Osage elder and scholar Tink Tinker is the first elder-in-residence at Harvard University in a new program created by the Harvard University Native American Program (HUNAP) and Memorial Church.
Tinker intends to advocate for Native students who want to speak back to colonial institutions and while he holds both a Master of Divinity and a Doctor of Theology, the professor emeritus at the Iliff School of Theology asks that students simply address him as “Tink.”
Just “Tink” as a title reflects the Indigenous scholar’s view that people are not more important than water, land, animals or anyone else. He describes this worldview as “collateral egalitarianism, as opposed to up down hierarchy” and said that he cannot make any claim to honorific titles like professor or doctorate if he’s going to argue for collateral egalitarianism.
“And it’s hard at Harvard, because everyone wants to be protective of their titles [but] actually the Indians on the faculty are more in my camp, and so I notice undergraduates even call them Phil [Philip J. Deloria] and Joe [Joseph P. Gone],” he said.
“The ultimate hierarchy is the religious one,” Tink commented, summarizing his studies of the New Testament for his doctorate, where he learned Greek, Hebrew and Latin. “You have that white male sky god at the top and then male over female, parents over children … that hierarchy empowers conquest, domination, and all the forces we have struggled against.”
Tink’s first visit this fall was with Native students at a powwow where he saw his grand-niece Lena Tinker, a senior at Harvard studying history and literature.
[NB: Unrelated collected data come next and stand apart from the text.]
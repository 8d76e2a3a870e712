-- ===== src/Frames/Counts.antt =====
-- `deallocate_frame`, `reference_frame` and `get_ref_count` of src/mm/memory.rs: the counters
-- implement reference counting.
use nwin_os.Common.{
  ℕ, ◌+◌, ◌-◌, ◌*◌, ◌/◌, ◌^◌, ◌≤◌, ◌<◌, ◌≡◌, refl, true, false, some, ◌⊎◌, inl, inr, ltb, lt→ltb,
  ltb_above, subst, ◌==◌, if◌then◌else◌, length, get_or-set_self, get_or, set, arith, dec_lt,
}
use nwin_os.Common.Outcome.{Outcome, returned, panicked}
use nwin_os.Frames.{
  BitmapFrameAllocator, frame_size, release_at_zero, deallocate_frame, reference_frame,
  allocate_frame,
}
use nwin_os.Frames.Laws.{IsValid, freed-IsValid, recounted-IsValid, get_or-set_if, test_bit-counts}
use nwin_os.Frames.Search.{Takes, Allocates, allocate_frame-Allocates}

abbrev pub count_of : BitmapFrameAllocator → ℕ → ℕ
count_of a f = get_or a.ref_counts f 0

-- `a'` differs from `a` in the count of frame `f`, now `n`; the busy bits follow the counts.
pub record Recounts (a : BitmapFrameAllocator) (f n : ℕ) (a' : BitmapFrameAllocator) : Type 0 where
  pub valid : IsValid a'
  pub same_total : a'.total_frames ≡ a.total_frames
  pub counts : (g : ℕ) → count_of a' g ≡ (if f == g then n else count_of a g)

abbrev pub Releases : BitmapFrameAllocator → ℕ → Outcome BitmapFrameAllocator → Type 0
Releases a f (returned a') =
    (f < a.total_frames) × (0 < count_of a f) × Recounts a f (count_of a f - 1) a'
Releases a f panicked = (a.total_frames ≤ f) ⊎ (count_of a f ≡ 0)

module _ (a : BitmapFrameAllocator) (v : IsValid a) (f : ℕ) (inside : f < a.total_frames) where
  count_inside : f < length a.ref_counts
  count_inside = omega (arith, v.counts_size)

  zero_now : (n : ℕ) → n ≡ 0 → (get_or (set a.ref_counts f n) f 0 == 0) ≡ true
  zero_now n h = ground (arith, get_or-set_self a.ref_counts f n 0 count_inside)

  nonzero_now : (n : ℕ) → 0 < n → (get_or (set a.ref_counts f n) f 0 == 0) ≡ false
  nonzero_now n h = ground (arith, get_or-set_self a.ref_counts f n 0 count_inside)

  abbrev lowered : BitmapFrameAllocator
  lowered = record a { ref_counts = set a.ref_counts f (count_of a f - 1) }

  abbrev next_hint : ℕ
  next_hint = if ltb f a.last_free_frame_hint then f else a.last_free_frame_hint

  release_last : count_of a f ≡ 1 → Recounts a f (count_of a f - 1) (release_at_zero lowered f)
  unfolding release_at_zero
  release_last one =
      rw (one, zero_now 0 refl)
        (record {
          valid = freed-IsValid a v f inside next_hint (ground (arith, v.hint_in));
          same_total = refl;
          counts = λ g. get_or-set_if a.ref_counts f g 0 count_inside;
        })

  release_other : 1 < count_of a f → Recounts a f (count_of a f - 1) (release_at_zero lowered f)
  unfolding release_at_zero
  release_other more = rw (nonzero_now (count_of a f - 1) (omega arith)) (record {
    valid =
        recounted-IsValid a v f inside (count_of a f - 1) (omega arith) (omega arith)
          (omega (arith, v.small f));
    same_total = refl;
    counts = λ g. get_or-set_if a.ref_counts f g (count_of a f - 1) count_inside;
  })

  release_busy : 0 < count_of a f → Recounts a f (count_of a f - 1) (release_at_zero lowered f)
  release_busy busy = elim (dec_lt 1 (count_of a f)) [
    | yes more ↦ release_other more
    | no less ↦ release_last (omega arith)
  ]

-- On a valid allocator `deallocate_frame` lowers the count of the frame that holds the address by
-- one, makes the frame free exactly when the count reaches zero, keeps every other frame and the
-- invariant; it panics exactly when the frame is unknown or already has no owner.
pub deallocate_frame-Releases :
    (a : BitmapFrameAllocator) (phys_addr : ℕ)
    → IsValid a
    → Releases a (phys_addr / frame_size) (deallocate_frame a phys_addr)
unfolding deallocate_frame
deallocate_frame-Releases a phys_addr v = elim (dec_lt f a.total_frames) [
  | no out ↦ rw (ltb_above f a.total_frames (omega arith)) (inl (omega arith))
  | yes inside ↦ elim (dec_lt 0 (count_of a f)) [
    | no idle ↦
        rw (lt→ltb f a.total_frames inside, ltb_above 0 (count_of a f) (omega arith))
          (inr (omega arith))
    | yes busy ↦
        rw (lt→ltb f a.total_frames inside, lt→ltb 0 (count_of a f) busy)
          (inside, busy, release_busy a v f inside busy)
  ]
]
  where
    f : ℕ
    f = phys_addr / frame_size

abbrev pub References : BitmapFrameAllocator → ℕ → Outcome BitmapFrameAllocator → Type 0
References a f (returned a') =
    (f < a.total_frames) × (0 < count_of a f) × Recounts a f (count_of a f + 1) a'
References a f panicked = (a.total_frames ≤ f) ⊎ ((count_of a f ≡ 0) ⊎ (count_of a f ≡ 2 ^ 16 - 1))

-- On a valid allocator `reference_frame` gives the frame one more owner and changes nothing else;
-- it panics exactly when the frame is unknown, unowned, or has as many owners as a `u16` counts.
pub reference_frame-References :
    (a : BitmapFrameAllocator) (phys_addr : ℕ)
    → IsValid a
    → References a (phys_addr / frame_size) (reference_frame a phys_addr)
unfolding reference_frame
reference_frame-References a phys_addr v = elim (dec_lt f a.total_frames) [
  | no out ↦ rw (ltb_above f a.total_frames (omega arith)) (inl (omega arith))
  | yes inside ↦ elim (dec_lt 0 (count_of a f)) [
    | no idle ↦
        rw (lt→ltb f a.total_frames inside, ltb_above 0 (count_of a f) (omega arith))
          (inr (inl (omega arith)))
    | yes busy ↦ elim (dec_lt (count_of a f + 1) (2 ^ 16)) [
      | no full ↦
          rw
            (
              lt→ltb f a.total_frames inside,
              lt→ltb 0 (count_of a f) busy,
              ltb_above (count_of a f + 1) (2 ^ 16) (omega arith),
            )
            (inr (inr (omega (arith, v.small f))))
      | yes room ↦
          rw
            (
              lt→ltb f a.total_frames inside,
              lt→ltb 0 (count_of a f) busy,
              lt→ltb (count_of a f + 1) (2 ^ 16) room,
            )
            (
              inside,
              busy,
              record {
                valid = recounted-IsValid a v f inside (count_of a f + 1) busy (omega arith) room;
                same_total = refl;
                counts = λ g.
                    get_or-set_if a.ref_counts f g (count_of a f + 1) (count_inside a v f inside);
              },
            )
    ]
  ]
]
  where
    f : ℕ
    f = phys_addr / frame_size

-- Sharing a frame and dropping the share again leaves every count as it was.
pub reference-deallocate :
    (a b c : BitmapFrameAllocator) (phys_addr g : ℕ)
    → IsValid a
    → reference_frame a phys_addr ≡ returned b
    → deallocate_frame b phys_addr ≡ returned c
    → count_of c g ≡ count_of a g
reference-deallocate a b c phys_addr g v e e' =
    ground (arith, r.2.counts g, r.2.counts (phys_addr / frame_size), d.2.counts g)
  where
    r : References a (phys_addr / frame_size) (returned b)
    r = subst (References a (phys_addr / frame_size)) e (reference_frame-References a phys_addr v)

    d : Releases b (phys_addr / frame_size) (returned c)
    d =
        subst (Releases b (phys_addr / frame_size)) e'
          (deallocate_frame-Releases b phys_addr r.2.valid)

deallocate_frame-Releases_at :
    (a : BitmapFrameAllocator) (f : ℕ)
    → IsValid a
    → Releases a f (deallocate_frame a (f * frame_size))
deallocate_frame-Releases_at a f v =
    subst (λ g. Releases a g (deallocate_frame a (f * frame_size))) (omega arith)
      (deallocate_frame-Releases a (f * frame_size) v)

released :
    (a : BitmapFrameAllocator) (f : ℕ) (o : Outcome BitmapFrameAllocator)
    → Releases a f o
    → f < a.total_frames
    → 0 < count_of a f
    → (c : BitmapFrameAllocator) × (o ≡ returned c) × Recounts a f (count_of a f - 1) c
released a f (returned c) r inside busy = (c, refl, r.2)
released a f panicked (inl out) inside busy = absurd (omega arith)
released a f panicked (inr idle) inside busy = absurd (omega arith)

not_released :
    (a : BitmapFrameAllocator) (f : ℕ) (o : Outcome BitmapFrameAllocator)
    → Releases a f o
    → count_of a f ≡ 0
    → o ≡ panicked
not_released a f (returned c) r idle = absurd (omega arith)
not_released a f panicked r idle = refl

owned_once_released :
    (a b : BitmapFrameAllocator) (f : ℕ)
    → IsValid a
    → Takes a f b
    → (c : BitmapFrameAllocator) × (deallocate_frame b (f * frame_size) ≡ returned c)
      × ((g : ℕ) → count_of c g ≡ count_of a g)
      × (deallocate_frame c (f * frame_size) ≡ panicked)
owned_once_released a b f v t =
    let (c, e, r) =
      released b f _ (deallocate_frame-Releases_at b f t.valid)
        (omega (arith, t.inside, t.same_total)) (ground (arith, t.counts f)) in
    (
      c,
      e,
      (λ g. ground (arith, r.counts g, t.counts g, t.counts f, was_idle)),
      not_released c f _ (deallocate_frame-Releases_at c f r.valid)
          (ground (arith, r.counts f, t.counts f)),
    )
  where
    was_idle : count_of a f ≡ 0
    was_idle = ground (arith, t.was_free, test_bit-counts a v f, t.inside)

-- A frame that `allocate_frame` handed out can be released exactly once: the first
-- `deallocate_frame` succeeds and leaves every count as before the allocation, a second panics.
pub allocate-deallocate :
    (a b : BitmapFrameAllocator) (phys_addr : ℕ)
    → IsValid a
    → allocate_frame a ≡ (some phys_addr, b)
    → (c : BitmapFrameAllocator) × (deallocate_frame b phys_addr ≡ returned c)
      × ((g : ℕ) → count_of c g ≡ count_of a g)
      × (deallocate_frame c phys_addr ≡ panicked)
allocate-deallocate a b phys_addr v e =
    let (f, at, t, _) = subst (Allocates a) e (allocate_frame-Allocates a v) in
    rw at (owned_once_released a b f v t)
He also met with groups of both graduate and undergraduate students, getting to know them during his first week in residence.
During future visits, he will give public presentations, do more visiting and help the Harvard program work out what this role of elder-in-residence might entail. “They don’t just want academic intellectuality from me,” he noted, “but they want the broader tradition of American Indian peoples.”
An Indigenous scholar does not represent an Indigenous intellectual tradition, Tink said, although there are some areas of overlap, as he noted Dr. Robert Warrior has argued.
Tink explained, “Morris Lookout, my clan father, he always was pretty sure that I was bright and knew a lot, but whenever I went to visit him and stay with him he would sit me on the couch and talk to me pretty much three days straight … [that’s] an example of the Indian academic coming back to the reservation and have to relearn, and I’ve done that.”
He has not only done so in the Osage, but with many tribes, visiting with traditional people in California, Washington, South Dakota, Wyoming, Montana, New Mexico, Guatemala, Bolivia and other places.
“When I talk about the American Indian worldview, I’m talking about something that functions as a baseline in every Indian community,” Tink explained.
One thing he hopes his students will pick up is a way of talking about Indian life and resistance through worldview, rather than ideology. “How do you empower Indian agency for Indian students in a university context?” he is asking as he moves through this residency.
He believes students will be able to gain enough agency to help begin to shift the Eurochristian worldview, helping people to “absolutely stop seeing the world as a resource and begin to see the earth as relatives.”
Worldview, in Tink’s estimation, is a solid way to do this. He gave an example from the Osage language, noting the word often claimed as referring to “God” or “Creator”— wakondah, in his spelling.
“That word in no way shape or form ever signified some sort of hierarchical heavenly being, male or female, and we’ve lost what it actually meant, which is very, very powerful,” he wrote in an email. “We’ve lost it to the missionaries [but] if you take the word wakondah, which is the short form for wakontonka then we have to take apart and it’s two syllables wa and ko^ and I’m going to posit that wa is a particle which means the one who ko^ gives life or takes life, and every person is wako^, gives life and takes life.’”
He continued, “women are the preeminent life givers in every species, men are involved in that giving of life as well, and taking of it. Trees give life and take and take life, mountains give life and take life, rocks give life and take life. People only think rocks don’t move, they actually move just much more slowly because they’re much more settled in their relationships with the world around them.”
Tink is writing about his ideas on worldview in an essay examining why the ideas of “nature” and “rights” are problematic, given that they both separate humans from other beings in the world. He will share these ideas at upcoming presentations and with students while at Harvard.
In the meantime, he is continuing to write and looking forward to helping Harvard develop the new elder-in-residence program over the course of the year, “figuring out what to do with this person,” he said with a smile.
Additionally, he is making sure to be available to students to work through their ideas, just talking over the phone or FaceTime from his home in Denver. With these visits, Tink intends to be an advocate for students, providing a layer of comfort to those adjusting to life at an institution far away from home, and supporting those who want to speak back to the institution.